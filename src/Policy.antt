-- ===== src/Policy.antt =====
-- src/policy: what each receiver has acknowledged, and the default policies.
pub mod AckState
pub mod Defaults
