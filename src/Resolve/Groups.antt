-- ===== src/Resolve/Groups.antt =====
-- Which groups, queries and policies take part: the tests of policy/resolved_policy_builder.go, and
-- `Filters.Supports` of policy/explorer_filters.go.
use cnspec.Common.{
  Bool, true, false, ◌||◌, String, List, [], ◌∷◌, Option, none, some, if◌then◌else◌, ℤ, pos, zero,
}
use cnspec.Common.Dict.{lookup}
use cnspec.Common.Keys.{contains}
use cnspec.Impact.{Impact, Action, ScoringSystem}
use cnspec.Resolve.{Filters, GroupType, ReviewStatus, PolicyGroup, Settings}

-- `canRun`
abbrev pub can_run : Action → Bool
can_run Action.deactivate = false
can_run Action.out_of_scope = false
can_run _ = true

scoring_ignored : Option Impact → Bool
scoring_ignored none = false
scoring_ignored (some i) = elim i.scoring [ ScoringSystem.ignore_score ↦ true | _ ↦ false ]

-- `normalizeAction`
unfoldable pub normalize_action : GroupType → Action → Option Impact → Action
unfolding scoring_ignored
normalize_action GroupType.disable action impact = Action.deactivate
normalize_action GroupType.out_of_scope_group action impact = Action.out_of_scope
normalize_action GroupType.ignored action impact = Action.ignore
normalize_action _ action impact = if scoring_ignored impact then Action.ignore else action

changes : Action → Bool
changes Action.unspecified = false
changes _ = true

-- `isOverride`
unfoldable pub is_override : Action → GroupType → Bool
unfolding changes
is_override action GroupType.disable = true
is_override action GroupType.out_of_scope_group = true
is_override action GroupType.ignored = true
is_override action _ = changes action

any_supported : Filters → List String → Bool
any_supported [] supported = false
any_supported ((k, c) ∷ items) supported = contains k supported || any_supported items supported

-- `Filters.Supports`; `none` is nil.
unfoldable pub supports : Option Filters → List String → Bool
unfolding any_supported
supports none supported = true
supports (some []) supported = true
supports (some (i ∷ items)) supported = any_supported (i ∷ items) supported

or_unspecified : Option Action → Action
or_unspecified none = Action.unspecified
or_unspecified (some a) = a

-- `b.actionOverrides[mrn]` and `anyFilterMatches`
unfoldable pub action_of : Settings → String → Action
unfolding or_unspecified
action_of s mrn = or_unspecified (lookup mrn s.action_overrides)

unfoldable pub any_filter_matches : Settings → Option Filters → Bool
any_filter_matches s f = supports f s.asset_filters

unfoldable pub is_rejected : ReviewStatus → Bool
is_rejected ReviewStatus.rejected = true
is_rejected _ = false

-- Whether a validity or an end date has passed; an end date of 0 is none.
lapsed : Settings → Option ℤ → Bool
lapsed s none = false
lapsed s (some t) = s.is_past t

unfoldable pub ended : Settings → ℤ → Bool
ended s (pos zero) = false
ended s t = s.is_past t

any_code : Filters → List String → Bool
any_code [] supported = false
any_code ((k, c) ∷ items) supported = contains c supported || any_code items supported

filters_match : Settings → Option Filters → Bool
filters_match s none = true
filters_match s (some []) = true
filters_match s (some (i ∷ items)) = any_code (i ∷ items) s.asset_filters

-- `isGroupMatching` for a group of a policy.
unfoldable pub is_group_matching : Settings → PolicyGroup → Bool
unfolding is_rejected lapsed ended filters_match any_code
is_group_matching s g =
    if is_rejected g.review_status
    then false
    else if lapsed s g.until
    then false
    else if ended s g.end_date
    then false
    else filters_match s g.filters

-- `&Impact{Scoring: ScoringSystem_IGNORE_SCORE, Action: Action_IGNORE}`
abbrev pub ignoring : Impact
ignoring = record {
  value = none;
  scoring = ScoringSystem.ignore_score;
  weight = pos 0;
  action = Action.ignore;
}

abbrev pub is_ignore : Action → Bool
is_ignore Action.ignore = true
is_ignore _ = false

-- `actionToImpact`
unfoldable pub action_to_impact : Settings → String → Option Impact
action_to_impact s mrn = if is_ignore (action_of s mrn) then some ignoring else none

Task item
Send back all the records above word for word.

Output for this exercise
filename src/Policy.antt
-- ===== src/Policy.antt =====
-- src/policy: what each receiver has acknowledged, and the default policies.
pub mod AckState
pub mod Defaults
filename src/Resolve/Groups.antt
-- ===== src/Resolve/Groups.antt =====
-- Which groups, queries and policies take part: the tests of policy/resolved_policy_builder.go, and
-- `Filters.Supports` of policy/explorer_filters.go.
use cnspec.Common.{
  Bool, true, false, ◌||◌, String, List, [], ◌∷◌, Option, none, some, if◌then◌else◌, ℤ, pos, zero,
}
use cnspec.Common.Dict.{lookup}
use cnspec.Common.Keys.{contains}
use cnspec.Impact.{Impact, Action, ScoringSystem}
use cnspec.Resolve.{Filters, GroupType, ReviewStatus, PolicyGroup, Settings}

-- `canRun`
abbrev pub can_run : Action → Bool
can_run Action.deactivate = false
can_run Action.out_of_scope = false
can_run _ = true

scoring_ignored : Option Impact → Bool
scoring_ignored none = false
scoring_ignored (some i) = elim i.scoring [ ScoringSystem.ignore_score ↦ true | _ ↦ false ]

-- `normalizeAction`
unfoldable pub normalize_action : GroupType → Action → Option Impact → Action
unfolding scoring_ignored
normalize_action GroupType.disable action impact = Action.deactivate
normalize_action GroupType.out_of_scope_group action impact = Action.out_of_scope
normalize_action GroupType.ignored action impact = Action.ignore
normalize_action _ action impact = if scoring_ignored impact then Action.ignore else action

changes : Action → Bool
changes Action.unspecified = false
changes _ = true

-- `isOverride`
unfoldable pub is_override : Action → GroupType → Bool
unfolding changes
is_override action GroupType.disable = true
is_override action GroupType.out_of_scope_group = true
is_override action GroupType.ignored = true
is_override action _ = changes action

any_supported : Filters → List String → Bool
any_supported [] supported = false
any_supported ((k, c) ∷ items) supported = contains k supported || any_supported items supported

-- `Filters.Supports`; `none` is nil.
unfoldable pub supports : Option Filters → List String → Bool
unfolding any_supported
supports none supported = true
supports (some []) supported = true
supports (some (i ∷ items)) supported = any_supported (i ∷ items) supported

or_unspecified : Option Action → Action
or_unspecified none = Action.unspecified
or_unspecified (some a) = a

-- `b.actionOverrides[mrn]` and `anyFilterMatches`
unfoldable pub action_of : Settings → String → Action
unfolding or_unspecified
action_of s mrn = or_unspecified (lookup mrn s.action_overrides)

unfoldable pub any_filter_matches : Settings → Option Filters → Bool
any_filter_matches s f = supports f s.asset_filters

unfoldable pub is_rejected : ReviewStatus → Bool
is_rejected ReviewStatus.rejected = true
is_rejected _ = false

-- Whether a validity or an end date has passed; an end date of 0 is none.
lapsed : Settings → Option ℤ → Bool
lapsed s none = false
lapsed s (some t) = s.is_past t

unfoldable pub ended : Settings → ℤ → Bool
ended s (pos zero) = false
ended s t = s.is_past t

any_code : Filters → List String → Bool
any_code [] supported = false
any_code ((k, c) ∷ items) supported = contains c supported || any_code items supported

filters_match : Settings → Option Filters → Bool
filters_match s none = true
filters_match s (some []) = true
filters_match s (some (i ∷ items)) = any_code (i ∷ items) s.asset_filters

-- `isGroupMatching` for a group of a policy.
unfoldable pub is_group_matching : Settings → PolicyGroup → Bool
unfolding is_rejected lapsed ended filters_match any_code
is_group_matching s g =
    if is_rejected g.review_status
    then false
    else if lapsed s g.until
    then false
    else if ended s g.end_date
    then false
    else filters_match s g.filters

-- `&Impact{Scoring: ScoringSystem_IGNORE_SCORE, Action: Action_IGNORE}`
abbrev pub ignoring : Impact
ignoring = record {
  value = none;
  scoring = ScoringSystem.ignore_score;
  weight = pos 0;
  action = Action.ignore;
}

abbrev pub is_ignore : Action → Bool
is_ignore Action.ignore = true
is_ignore _ = false

-- `actionToImpact`
unfoldable pub action_to_impact : Settings → String → Option Impact
action_to_impact s mrn = if is_ignore (action_of s mrn) then some ignoring else none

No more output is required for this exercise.